Dataset entries:
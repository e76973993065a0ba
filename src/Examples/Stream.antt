-- ===== src/Examples/Stream.antt =====
-- The theorems on byte streams, at concrete streams.
use tasc.Base.{
  ℕ, ◌+◌, ◌≡◌, ◌≢◌, ◌↔◌, refl, List, [], ◌∷◌, none, some, ok, err, true, false, ℕ_discrete,
  Option-discrete, if◌then◌else◌, is_some, find?, ◌>>=◌, arith,
}
use tasc.Stream.{CodecError, Source, iterable, chunk, at_ms, CollectedStream, RuntimeStreamTiming}
use tasc.Stream.Collect.{CollectOptions, collect_stream}
use tasc.Stream.Collect.Buffer.{gather_stream}
use tasc.Stream.Collect.Marks.{IsStream, collect_stream-gather, collect_stream-IsStream}
use tasc.Stream.Json.{Json, object, member, no_members, string, boolean, null}
use tasc.Stream.JsonSse.{
  JsonSseOptions, JsonSseResult, JsonSseTerminal, FinalUsage, openai_chat_completions, json_result,
}
use tasc.Stream.JsonSse.Terminal.{json_result-IsSummary}
use tasc.Stream.JsonSse
use tasc.Stream.Limits.{default_sse_limits, natural_limits, normalize_sse_limits}
use tasc.Stream.Limits.Range.{InRange, normalize_sse_limits_iff}
use tasc.Stream.Ndjson.{
  NdjsonOptions, NdjsonResult, NdjsonTerminal, NdjsonUsage, ollama, parse_lines,
}
use tasc.Stream.Ndjson
use tasc.Stream.Ndjson.Terminal.{parse_lines-IsSummary}
use tasc.Stream.Observed.{observed_at_offset, time_or}
use tasc.Stream.Observed.First.{Ascending, reaches, observed_at-first}
use tasc.Stream.Sse.{SseResult, SseTerminal, ParsedSse, parse_bounded_sse, parse_sse_bytes}
use tasc.Stream.SseLines.{SseOptions, SseEvent, SseKind}
use tasc.Stream.Sse.Bounds.{IsBounded, parse_sse_bytes-IsBounded}
use tasc.Stream.Sse.Chunks.{untimed_result, parse_sse_bytes-chunks}
use tasc.Stream.Sse.Times.{Timed, parse_bounded_sse-Timed}
use tasc.Stream.Sse.Valid.{parse_sse_bytes-decodes}
use tasc.Stream.Utf8.{decode_utf8}
use tasc.Text.{codes, Text-discrete}

abbrev collecting : CollectOptions
collecting = record { max_total_bytes = 4096; max_chunks = 10; started = 100; at_end = at_ms 130 }

abbrev options : SseOptions
options = record {
  collecting = collecting;
  sse_limits = record {
    max_lines = 20;
    max_line_bytes = 64;
    max_events = 4;
    max_event_bytes = 128;
    max_field_bytes = 64;
    max_retry = 5000;
  };
  payload_identity = λ bytes. codes "identity";
}

-- The bytes of one event and the sentinel, cut inside a delimiter.
abbrev source : Source
source = iterable (
    chunk (codes "id: 7\ndata: one\r\n\r") (at_ms 110)
    ∷ chunk (codes "\n:end\ndata: [DONE]\n\n") (at_ms 120)
    ∷ [])

abbrev collected : CollectedStream
collected = record {
  bytes = codes "id: 7\ndata: one\r\n\r\n:end\ndata: [DONE]\n\n";
  marks =
      record { end_offset = 18; mark_at = 110 } ∷ record { end_offset = 38; mark_at = 120 } ∷ [];
  total_chunks = 2;
  started_at = 100;
  first_byte_at = some 110;
  completed_at = 130;
}

collects : collect_stream collecting source ≡ ok collected
unfolding collect_stream ℕ_discrete
collects = refl

abbrev first_event : SseEvent
first_event = record {
  index = 0;
  kind = SseKind.event;
  event_type = none;
  data_text = codes "one";
  id = codes "7";
  retry_after = none;
  event_comments = [];
  raw_frame_identity = codes "identity";
  observed_at = 120;
}

abbrev sentinel : SseEvent
sentinel = record {
  index = 1;
  kind = SseKind.done;
  event_type = none;
  data_text = codes "[DONE]";
  id = codes "7";
  retry_after = none;
  event_comments = codes "end" ∷ [];
  raw_frame_identity = codes "identity";
  observed_at = 120;
}

abbrev parsed_sse : ParsedSse
parsed_sse = record {
  parsed_events = first_event ∷ sentinel ∷ [];
  total_lines = 6;
  trailing_incomplete = false;
}

parses : parse_sse_bytes options collected ≡ ok parsed_sse
unfolding parse_sse_bytes ℕ_discrete Text-discrete decode_utf8 observed_at_offset
parses = refl

abbrev times : RuntimeStreamTiming
times = record {
  timing_started_at = 100;
  timing_first_byte_at = some 110;
  first_meaningful_at = some 120;
  timing_completed_at = 130;
  time_to_first_byte = some 10;
  time_to_first_meaningful = some 20;
  duration = 30;
}

abbrev result : SseResult
result = record {
  result_events = first_event ∷ sentinel ∷ [];
  terminal = SseTerminal.done_sentinel;
  result_incomplete = false;
  result_bytes = 38;
  result_chunks = 2;
  result_lines = 6;
  result_timing = times;
}

ends : parse_bounded_sse options source ≡ ok result
unfolding parse_bounded_sse collect_stream ℕ_discrete Text-discrete decode_utf8 observed_at_offset
ends = refl

abbrev text_json : List ℕ → Json
text_json bytes = object (member (codes "text") (string bytes) no_members)

abbrev json_options : JsonSseOptions
json_options = record {
  sse = options;
  protocol = openai_chat_completions;
  parse_json = λ bytes. some (text_json bytes);
}

abbrev json_events_result : JsonSseResult
json_events_result = record {
  result_events =
      record {
        base = first_event;
        json = text_json (codes "one");
        event_kind = none;
        provider_error = false;
        usage_present = false;
        meaningful_output = true;
      }
      ∷ record {
        base = sentinel;
        json = null;
        event_kind = none;
        provider_error = false;
        usage_present = false;
        meaningful_output = false;
      }
      ∷ [];
  terminal = JsonSseTerminal.done_sentinel;
  final_usage = FinalUsage.missing;
  result_incomplete = false;
  result_bytes = 38;
  result_chunks = 2;
  result_lines = 6;
  result_timing = times;
}

reads : json_result json_options collected parsed_sse ≡ ok json_events_result
unfolding json_result ℕ_discrete Text-discrete Option-discrete
reads = refl

abbrev ndjson_options : NdjsonOptions
ndjson_options = record {
  collecting = collecting;
  max_line_bytes = 64;
  max_items = 4;
  protocol = ollama;
  parse_json = λ bytes. some (object (member (codes "done") (boolean true) no_members));
  payload_identity = λ bytes. codes "identity";
}

abbrev lines : CollectedStream
lines = record collected { bytes = codes "{}\r\n" }

abbrev lines_result : NdjsonResult
lines_result = record {
  result_items =
      record {
        index = 0;
        json = object (member (codes "done") (boolean true) no_members);
        raw_line_identity = codes "identity";
        observed_at = 110;
        done = true;
        provider_error = false;
        usage_present = false;
        meaningful_output = false;
      }
      ∷ [];
  terminal = NdjsonTerminal.done;
  final_usage = NdjsonUsage.missing;
  result_bytes = 4;
  result_chunks = 2;
  result_lines = 1;
  result_timing = record times { first_meaningful_at = none; time_to_first_meaningful = none };
}

itemized : parse_lines ndjson_options lines ≡ ok lines_result
unfolding parse_lines ℕ_discrete Text-discrete observed_at_offset
itemized = refl

collect_stream-gather_example : collect_stream collecting source ≡ (
    gather_stream collecting source >>= λ c.
    if is_some (decode_utf8 c.bytes) then ok c else err CodecError.invalid_utf8)
collect_stream-gather_example = collect_stream-gather collecting source

collect_stream-IsStream_example :
    IsStream collecting collected × (is_some (decode_utf8 collected.bytes) ≡ true)
collect_stream-IsStream_example = collect_stream-IsStream collecting source collected collects

ascending : Ascending 0 collected.marks
unfolding Ascending
ascending = (omega arith, (omega arith, tt))

observed_at-first_example :
    observed_at_offset collected.marks 20 130 ≡ time_or 130 (find? (reaches 20) collected.marks)
observed_at-first_example = observed_at-first 0 20 collected.marks ascending 130

parse_sse_bytes-IsBounded_example : IsBounded options collected parsed_sse
parse_sse_bytes-IsBounded_example = parse_sse_bytes-IsBounded options collected parsed_sse parses

parse_bounded_sse-Timed_example : Timed 100 (first_event ∷ sentinel ∷ []) 130 × (100 + 30 ≡ 130)
parse_bounded_sse-Timed_example = parse_bounded_sse-Timed options source result ends

-- The same bytes in one chunk.
abbrev one_chunk : CollectedStream
one_chunk = record collected {
  marks = record { end_offset = 38; mark_at = 125 } ∷ [];
  total_chunks = 1;
}

parse_sse_bytes-chunks_example :
    (parse_sse_bytes options collected >>= λ p. ok (untimed_result p))
    ≡ (parse_sse_bytes options one_chunk >>= λ p. ok (untimed_result p))
parse_sse_bytes-chunks_example = parse_sse_bytes-chunks options collected one_chunk refl

parse_sse_bytes-decodes_example : parse_sse_bytes options collected ≢ err CodecError.invalid_utf8
parse_sse_bytes-decodes_example =
    parse_sse_bytes-decodes options collecting source collected collects

json_result-IsSummary_example :
    JsonSse.Terminal.IsSummary json_options parsed_sse json_events_result
json_result-IsSummary_example =
    json_result-IsSummary json_options collected parsed_sse json_events_result reads

parse_lines-IsSummary_example : Ndjson.Terminal.IsSummary ndjson_options lines lines_result
parse_lines-IsSummary_example = parse_lines-IsSummary ndjson_options lines lines_result itemized

normalize_sse_limits_iff_example :
    (normalize_sse_limits (natural_limits default_sse_limits) ≡ ok default_sse_limits) ↔ (
      (natural_limits default_sse_limits ≡ natural_limits default_sse_limits)
      × InRange default_sse_limits)
normalize_sse_limits_iff_example =
    normalize_sse_limits_iff (natural_limits default_sse_limits) default_sse_limits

◆ **Your task**
Above are the records; copy every line in them that holds the word "ndata".

◆ **Your solution**
    chunk (codes "id: 7\ndata: one\r\n\r") (at_ms 110)
    ∷ chunk (codes "\n:end\ndata: [DONE]\n\n") (at_ms 120)
  bytes = codes "id: 7\ndata: one\r\n\r\n:end\ndata: [DONE]\n\n";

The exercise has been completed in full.